Джордж подошел к ней, сел рядом:
– Привет.
Она взглянула на него.
– Хочешь, чтобы я ушел?
– Нет. Интересно, чего тебе надо.
– Увидел тебя, и как-то мне не по себе стало. Мне не нравится, что мы друг друга избегаем. Такое чувство, что нам и говорить не о чем.
– Ну что ж, давай покончим с этим. А что еще? Я думаю, есть и другие причины.
– О’кей. Я увидел тебя и захотел тебя поцеловать. Дотронуться до тебя. Можно же развлекать друг друга подобным образом.
Он вручил ей припасенный косяк, их пальцы соприкоснулись.
– Есть и другие способы развлечься, – сказала она.
– Да, но не такие дешевые и приятные. Точнее было бы сказать: с таким же соотношением приятности и дешевизны.
– Как насчет ранней весенней прогулки по парку? – предложила она.
– Шутишь, что ли?
– Вовсе нет.
– Да, это недорого. Но по мне, и вполовину не так приятно. Но хорошо. Ладно.
Он забрал косяк, затянулся, протянул ей, она покачала головой. Он потушил его, сунул в карман к траве и самокруточной бумаге.
– Пойдем пройдемся. – Он протянул ей руку, она взялась за нее, и он поставил ее на ноги.
Температура была демисезонная.
Они спустились по ступеням, свернули на запад, в сторону Бродвея, там спустились к Риверсайду и его длинному, узкому парку.
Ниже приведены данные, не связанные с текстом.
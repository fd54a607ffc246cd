-- ===== src/Lifecycle/Mapped.antt =====
-- compute_space/src/compute_space/core/apps.py (_sync_port_mappings): the keys of the port mappings, and what
-- a sync is to do to them.
use aerosol.Prelude.{
  ℕ, nat_eq, list_eq, ◌≤◌, ◌≡◌, ◌≢◌, ◌↔◌, ◌⊎◌, refl, sym, ap, ◌∙◌, inl, inr, false, Option, none,
  some, List, [], ◌∷◌, map, Elem, Distinct, same_key, find?_sound, find?-eq-none_iff, All-elem,
  Text,
}
use aerosol.Db.{PortRow, Db}
use aerosol.Ports.{PortMapping}
use aerosol.Ports.Labels.{mapping_labels}
use aerosol.Ports.Resolve.{ports_of}
use aerosol.Lifecycle.{port_row}
use aerosol.Lifecycle.Reload.{is_mapping, existing_row, with_host_port, keep_host_port}
use aerosol.Lifecycle.Upserts.{IsOwn, is_mapping_iff, Has, Fits}

-- The keys of app_port_mappings: a label names one row of an app, and a host port one row of all; no port is 0.
pub record IsKeyed (rows : List PortRow) : Type 0 where
  pub labels :
      (m n : PortRow) → Elem m rows → Elem n rows → m.app_id ≡ n.app_id → m.label ≡ n.label → m ≡ n
  pub ports : (m n : PortRow) → Elem m rows → Elem n rows → m.host_port ≡ n.host_port → m ≡ n
  pub positive : (m : PortRow) → Elem m rows → m.host_port ≢ 0

-- The port of a mapping after the sync: that of its label, else its own, else one from the range.
pub record HasItsPort (app_id : Text) (range_start range_end : ℕ) (db : Db) (pm : PortMapping)
    (m : PortRow) : Type 0 where
  pub own : IsOwn app_id pm.label m
  pub container_port : m.container_port ≡ pm.container_port
  pub kept :
      (old : PortRow)
      → Elem old db.app_port_mappings
      → IsOwn app_id pm.label old
      → m.host_port ≡ old.host_port
  pub asked :
      (¬ Has app_id db.app_port_mappings pm.label) → pm.host_port ≢ 0 → m.host_port ≡ pm.host_port
  pub found :
      (¬ Has app_id db.app_port_mappings pm.label)
      → pm.host_port ≡ 0
      → (range_start ≤ m.host_port) × (m.host_port ≤ range_end)

pub record IsSynced (app_id : Text) (range_start range_end : ℕ) (new : List PortMapping)
    (db after : Db) : Type 0 where
  pub others :
      (m : PortRow)
      → m.app_id ≢ app_id
      → Elem m after.app_port_mappings ↔ Elem m db.app_port_mappings
  pub each :
      (pm : PortMapping)
      → Elem pm new
      → (m : PortRow) × Elem m after.app_port_mappings
        × HasItsPort app_id range_start range_end db pm m
  pub only :
      (m : PortRow)
      → Elem m after.app_port_mappings
      → m.app_id ≡ app_id
      → (pm : PortMapping) × Elem pm new × (pm.label ≡ m.label)
  pub keyed : IsKeyed after.app_port_mappings
  pub apps : after.apps ≡ db.apps

pub existing_row_found :
    (app_id : Text) (rows : List PortRow) (label : Text) (old : PortRow)
    → existing_row app_id rows label ≡ some old
    → Elem old rows × IsOwn app_id label old
unfolding existing_row
existing_row_found app_id rows label old e =
    let found = find?_sound (is_mapping app_id label) old rows e in
    (found.0, (is_mapping_iff app_id label old).0 found.1)

pub existing_row-Has :
    (app_id : Text) (rows : List PortRow) (label : Text)
    → Fits app_id (existing_row app_id rows label) rows label
unfolding existing_row
existing_row-Has app_id rows label = by_row (existing_row app_id rows label) refl
  where
    by_row : (o : Option PortRow) → existing_row app_id rows label ≡ o → Fits app_id o rows label
    by_row none e = λ (m, listed, own).
        let k =
          All-elem (λ r. is_mapping app_id label r ≡ false) m rows
            ((find?-eq-none_iff (is_mapping app_id label) rows).0 e) listed in
        let l = (is_mapping_iff app_id label m).1 own in cc
    by_row (some old) e =
        let found = existing_row_found app_id rows label old e in (old, found.0, found.1)

pub labels-keep :
    (app_id : Text) (rows : List PortRow) (new : List PortMapping)
    → mapping_labels (map (keep_host_port app_id rows) new) ≡ mapping_labels new
unfolding keep_host_port
labels-keep app_id rows [] = refl
labels-keep app_id rows (pm ∷ new) =
    rw (labels-keep app_id rows new) (rw (same (existing_row app_id rows pm.label)) refl)
  where
    same : (o : Option PortRow) → (with_host_port pm o).label ≡ pm.label
    same none = refl
    same (some old) = refl

-- Where a row comes from: it was there for another app, or it is that of a resolved mapping.
abbrev pub Origin : Text → List PortMapping → List PortRow → PortRow → Type 0
Origin app_id resolved rows b =
    ((b.app_id ≢ app_id) × Elem b rows)
    ⊎ ((pm : PortMapping) × Elem pm resolved × (b ≡ port_row app_id pm))

module _ (app_id : Text) (resolved : List PortMapping) (rows after : List PortRow)
    (keyed : IsKeyed rows) (origin : (b : PortRow) → Elem b after → Origin app_id resolved rows b)
    (labels_differ : Distinct (mapping_labels resolved))
    (ports_differ : Distinct (ports_of resolved))
    (resolved_free : (pm : PortMapping) (m : PortRow)
      → Elem pm resolved
      → m.app_id ≢ app_id
      → Elem m rows
      → m.host_port ≢ pm.host_port)
    (resolved_positive : (pm : PortMapping) → Elem pm resolved → pm.host_port ≢ 0) where
  -- Mappings with different labels and ports, which no other app has, keep the keys.
  pub IsKeyed-made : IsKeyed after
  IsKeyed-made = record {
    labels = λ m n p q same label. elim (origin m p) [
      | inl (other, listed) ↦ elim (origin n q) [
        | inl (apart, there) ↦ keyed.labels m n listed there same label
        | inr (pn, there, e) ↦ absurd (other (same ∙ ap (λ (r : PortRow). r.app_id) e))
      ]
      | inr (pm, listed, e) ↦ elim (origin n q) [
        | inl (apart, there) ↦ absurd (apart (sym same ∙ ap (λ (r : PortRow). r.app_id) e))
        | inr (pn, there, f) ↦
            let one : pm.label ≡ pn.label =
              sym (ap (λ (r : PortRow). r.label) e) ∙ label ∙ ap (λ (r : PortRow). r.label) f in
            let alike =
              same_key (λ (r : PortMapping). r.label) pm pn resolved labels_differ listed there
                one in
            e ∙ ap (port_row app_id) alike ∙ sym f
      ]
    ];
    ports = λ m n p q port. elim (origin m p) [
      | inl (other, listed) ↦ elim (origin n q) [
        | inl (apart, there) ↦ keyed.ports m n listed there port
        | inr (pn, there, e) ↦
            absurd
              (resolved_free pn m there other listed (port ∙ ap (λ (r : PortRow). r.host_port) e))
      ]
      | inr (pm, listed, e) ↦ elim (origin n q) [
        | inl (apart, there) ↦
            absurd (
              resolved_free pm n listed apart there
                (sym port ∙ ap (λ (r : PortRow). r.host_port) e))
        | inr (pn, there, f) ↦
            let one : pm.host_port ≡ pn.host_port =
              sym (ap (λ (r : PortRow). r.host_port) e)
              ∙ port
              ∙ ap (λ (r : PortRow). r.host_port) f in
            let alike =
              same_key (λ (r : PortMapping). r.host_port) pm pn resolved ports_differ listed there
                one in
            e ∙ ap (port_row app_id) alike ∙ sym f
      ]
    ];
    positive = λ m p. elim (origin m p) [
      | inl (other, listed) ↦ keyed.positive m listed
      | inr (pm, listed, e) ↦
          λ z. resolved_positive pm listed (sym (ap (λ (r : PortRow). r.host_port) e) ∙ z)
    ];
  }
Он ощущал расслабленность. Каждый раз, когда он курил, у него появлялось знакомое чувство ментальной и физической раскованности.
– Ты станешь успешной, – сказал он ей. Они шли рядом. Она смотрела на него. Он остановился, они уставились друг на друга, пока он не начал смеяться.
– Что?
Она никогда не заглядывала так глубоко в него, не проникала так далеко. Она пыталась отыскать правду. Ни он, ни она до этого застывшего во времени момента не догадывались, что это для нее так важно, что это предсказание может ее изменить. И оно изменило ее тогда, осознание того, как это на самом деле было важно, – как постоянные неудачи и робость отца и матери бесили ее в детстве и подростковом возрасте! – ощущение всего этого изменило ее снова. Пока они стояли там. Он поцеловал ее тогда, не мог не поцеловать, ощущая, как ее тело подается навстречу, у него встал, он прижался к ней, и она отстранилась. Покачала головой, и они пошли дальше.
Ранняя весна, невнятная погода, переменчивое небо. Предмет пяти сотен плохих стихотворений и трех сотен хороших. Джордж побыл с ней, она столкнулась с ним, едва насладившись, и он снова ушел. Он предложил ей – и она почти согласилась на это – нечто вроде открытых отношений. Он сказал, что любит секс. Считал, что заработал очки за собственную прямоту. Фактически она тоже любила секс – черт бы его побрал.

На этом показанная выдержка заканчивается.